In standard econometric application all variables are analyzed statistically before being used in mathematical models. In this framework we considered non-stationary distribution as an starting procedure on the study of consumer behavior in a local market area whereof non-homogeneity of buyers and small size effect could be present. By evaluation of the degree of non-stationary of the actual state for particular variable as observed, we hope to be able to estimate and interpret the model outcomes. Assuming the non-stationary of variables as indicator of the overall stet itself, we argue that the state where observation were made is non-stationary too, and for that reason, models are expected to not fit well. In the other hand, by dropping the significance level in model fitting process we expect to count for this instability whereas the model remains valid.

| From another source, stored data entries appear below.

-- ===== src/Worker/Forward/Buffer.antt =====
-- The buffer of read-only pages, against the list of the pages sent or waiting.
use cos516_project.Prelude.{
  zero, List, ℕ, ◌≡◌, length, ◌++◌, replicate, ◌∷◌, ◌<◌, ◌≤◌, [], suc, set, ◌≢◌, ◌==◌, arith, ap,
  refl, ◌∙◌, sym, append_assoc, if-elim, ap₂, length-set, length-replicate, subst, append-nil,
}
use cos516_project.Worker.Forward.{
  forward_page, forward_packet, broadcast_eoi, broadcast_malloc_chunk, misspec, check_free,
  check_required, check_ro_page, blank_buffer, put_entry,
}
use cos516_project.Worker.Forward.{forward_ro_page, buffer_ro_page, Sender, Call, make_room, flush}

-- The addresses among the entries of a buffer.
abbrev pub entries : List ℕ → List ℕ
entries [] = []
entries (zero ∷ ps) = entries ps
entries (suc p ∷ ps) = suc p ∷ entries ps

-- The read-only pages that the calls name.
abbrev pub named_pages : List Call → List ℕ
named_pages [] = []
named_pages (forward_page a ps check_ro_page ∷ cs) = entries ps ++ named_pages cs
named_pages (c ∷ cs) = named_pages cs

-- The read-only pages sent or waiting.
abbrev pub ro_pages : Sender → List ℕ
ro_pages s = named_pages s.calls ++ entries s.data_

-- All entries from `i` on are zero.
abbrev IsZeroFrom : ℕ → List ℕ → Type 0
IsZeroFrom i [] = Unit {0}
IsZeroFrom zero (p ∷ ps) = (p ≡ 0) × IsZeroFrom 0 ps
IsZeroFrom (suc i) (p ∷ ps) = IsZeroFrom i ps

-- The buffer has 512 entries, of which those from the index on are free.
pub record IsBuffer (s : Sender) : Type 0 where
  pub size : length s.data_ ≡ 512
  pub fits : s.index ≤ 512
  pub free : IsZeroFrom s.index s.data_

entries-replicate : (n : ℕ) → entries (replicate n 0) ≡ []
entries-replicate zero = refl
entries-replicate (suc n) = entries-replicate n

replicate-IsZeroFrom : (n i : ℕ) → IsZeroFrom i (replicate n 0)
replicate-IsZeroFrom zero zero = tt
replicate-IsZeroFrom zero (suc i) = tt
replicate-IsZeroFrom (suc n) zero = (refl, replicate-IsZeroFrom n 0)
replicate-IsZeroFrom (suc n) (suc i) = replicate-IsZeroFrom n i

length-blank : length blank_buffer ≡ 512
unfolding blank_buffer
length-blank = length-replicate {A = ℕ} 512 0

blank-IsZeroFrom : (i : ℕ) → IsZeroFrom i blank_buffer
unfolding blank_buffer
blank-IsZeroFrom i = replicate-IsZeroFrom 512 i

entries-blank : entries blank_buffer ≡ []
unfolding blank_buffer
entries-blank = entries-replicate 512

entries-free : (ps : List ℕ) → IsZeroFrom 0 ps → entries ps ≡ []
entries-free [] h = refl
entries-free (p ∷ ps) h = rw (h.0, entries-free ps h.1) refl

entries-set :
    (ps : List ℕ) (i page : ℕ)
    → IsZeroFrom i ps
    → i < length ps
    → page ≢ 0
    → entries (set ps i page) ≡ entries ps ++ page ∷ []
entries-set [] i page h lt ne = absurd (omega arith)
entries-set (p ∷ ps) i zero h lt ne = absurd (ne refl)
entries-set (zero ∷ ps) zero (suc page) h lt ne = rw (entries-free ps h.1) refl
entries-set (suc p ∷ ps) zero (suc page) h lt ne = absurd (omega (arith, h.0))
entries-set (zero ∷ ps) (suc i) (suc page) h lt ne = entries-set ps i (suc page) h (omega arith) ne
entries-set (suc p ∷ ps) (suc i) (suc page) h lt ne =
    ap (◌∷◌ (suc p)) (entries-set ps i (suc page) h (omega arith) ne)

set-IsZeroFrom : (ps : List ℕ) (i page : ℕ) → IsZeroFrom i ps → IsZeroFrom (suc i) (set ps i page)
set-IsZeroFrom [] zero page h = tt
set-IsZeroFrom [] (suc i) page h = tt
set-IsZeroFrom (p ∷ ps) zero page h = h.1
set-IsZeroFrom (p ∷ ps) (suc i) page h = set-IsZeroFrom ps i page h

pub named_pages-append :
    (cs ds : List Call) → named_pages (cs ++ ds) ≡ named_pages cs ++ named_pages ds
named_pages-append [] ds = refl
named_pages-append (forward_page a ps check_ro_page ∷ cs) ds =
    ap (◌++◌ (entries ps)) (named_pages-append cs ds)
    ∙ sym (append_assoc (entries ps) (named_pages cs) (named_pages ds))
named_pages-append (forward_page a ps check_free ∷ cs) ds = named_pages-append cs ds
named_pages-append (forward_page a ps check_required ∷ cs) ds = named_pages-append cs ds
named_pages-append (forward_packet a v check ∷ cs) ds = named_pages-append cs ds
named_pages-append (broadcast_eoi ∷ cs) ds = named_pages-append cs ds
named_pages-append (broadcast_malloc_chunk e i ∷ cs) ds = named_pages-append cs ds
named_pages-append (misspec ∷ cs) ds = named_pages-append cs ds

flush-ro_pages :
    (buffer_address : ℕ) (s : Sender)
    → IsBuffer s
    → IsBuffer (flush buffer_address s) × (ro_pages (flush buffer_address s) ≡ ro_pages s)
unfolding flush
flush-ro_pages buffer_address s h = (
  record { size = length-blank; fits = h.fits; free = blank-IsZeroFrom s.index },
  ap₂ (λ (xs ys : List ℕ). xs ++ ys) (named_pages-append s.calls _) entries-blank
      ∙ append-nil _
      ∙ ap (◌++◌ (named_pages s.calls)) (append-nil (entries s.data_)),
)

-- Sending the buffer keeps it well formed and keeps the read-only pages sent or waiting, in order.
pub forward_ro_page-ro_pages :
    (buffer_address : ℕ) (s : Sender)
    → IsBuffer s
    → IsBuffer (forward_ro_page buffer_address s)
      × (ro_pages (forward_ro_page buffer_address s) ≡ ro_pages s)
unfolding forward_ro_page
forward_ro_page-ro_pages buffer_address s h =
    if-elim (λ t. IsBuffer t × (ro_pages t ≡ ro_pages s)) (s.index == 0) (λ _. (h, refl))
      (λ _. flush-ro_pages buffer_address s h)

forward_ro_page-blank :
    (buffer_address : ℕ) (s : Sender)
    → s.index ≢ 0
    → (forward_ro_page buffer_address s).data_ ≡ blank_buffer
unfolding forward_ro_page flush
forward_ro_page-blank buffer_address s ne =
    if-elim (λ (t : Sender). t.data_ ≡ blank_buffer) (s.index == 0)
      (λ e. absurd (ground (arith, ne))) (λ _. refl)

pub reset-IsBuffer : (s : Sender) → s.data_ ≡ blank_buffer → IsBuffer (record s { index = 0 })
reset-IsBuffer s e = record {
  size = ap length e ∙ length-blank;
  fits = omega arith;
  free = subst (IsZeroFrom 0) (sym e) (blank-IsZeroFrom 0);
}

make_room-ro_pages :
    (buffer_address : ℕ) (s : Sender)
    → IsBuffer s
    → IsBuffer (make_room buffer_address s)
      × ((make_room buffer_address s).index < 512)
      × (ro_pages (make_room buffer_address s) ≡ ro_pages s)
unfolding make_room
make_room-ro_pages buffer_address s h =
    if-elim (λ t. IsBuffer t × (t.index < 512) × (ro_pages t ≡ ro_pages s)) (s.index == 512)
      (λ e. (
        reset-IsBuffer (forward_ro_page buffer_address s)
            (forward_ro_page-blank buffer_address s (λ z. ground arith)),
        omega arith,
        (forward_ro_page-ro_pages buffer_address s h).1,
      ))
      (λ e. (h, ground (arith, h.fits), refl))

put_entry-ro_pages :
    (page : ℕ) (s : Sender)
    → page ≢ 0
    → s.index < 512
    → IsBuffer s
    → IsBuffer (put_entry page s) × (ro_pages (put_entry page s) ≡ ro_pages s ++ page ∷ [])
put_entry-ro_pages page s ne lt h = (
  record {
    size = length-set s.data_ s.index page ∙ h.size;
    fits = omega arith;
    free =
        subst (λ i. IsZeroFrom i (set s.data_ s.index page)) {x = suc s.index} (omega arith)
          (set-IsZeroFrom s.data_ s.index page h.free);
  },
  ap (◌++◌ (named_pages s.calls))
        (entries-set s.data_ s.index page h.free (omega (arith, h.size)) ne)
      ∙ sym (append_assoc (named_pages s.calls) (entries s.data_) (page ∷ [])),
)

-- Adding a page that is not NULL to a well-formed read-only buffer keeps it well formed, and
-- appends the page to the pages sent or waiting, also where a full buffer is sent first.
pub buffer_ro_page-ro_pages :
    (buffer_address page : ℕ) (s : Sender)
    → page ≢ 0
    → IsBuffer s
    → IsBuffer (buffer_ro_page buffer_address page s)
      × (ro_pages (buffer_ro_page buffer_address page s) ≡ ro_pages s ++ page ∷ [])
unfolding buffer_ro_page
buffer_ro_page-ro_pages buffer_address page s ne h =
    let (ok, lt, same) = make_room-ro_pages buffer_address s h in
    let (ok', put) = put_entry-ro_pages page (make_room buffer_address s) ne lt ok in
    (ok', put ∙ ap (λ (ps : List ℕ). ps ++ page ∷ []) same)

-- Every read-only page added is named in a call: no entry of the buffer waits.
pub forward_ro_page-none_left :
    (buffer_address : ℕ) (s : Sender)
    → IsBuffer s
    → entries (forward_ro_page buffer_address s).data_ ≡ []
unfolding forward_ro_page flush
forward_ro_page-none_left buffer_address s h =
    if-elim (λ (t : Sender). entries t.data_ ≡ []) (s.index == 0)
      (λ e.
        entries-free s.data_
          (subst (λ i. IsZeroFrom i s.data_) {x = s.index} (ground (arith, e)) h.free))
      (λ e. entries-blank)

Herewith, the logistic model for consumer behavior in our system is applied and calculated using significance level 0.85-0.90. Under such limiting constraint assumption we identified the variables that mostly affected the proportion between expense categories and the characteristics of the expenses that mostly describe the market consumer behavior in the unity studied. We hope that methodically this procedure could be helpful for other similar market or socio-metric study as well.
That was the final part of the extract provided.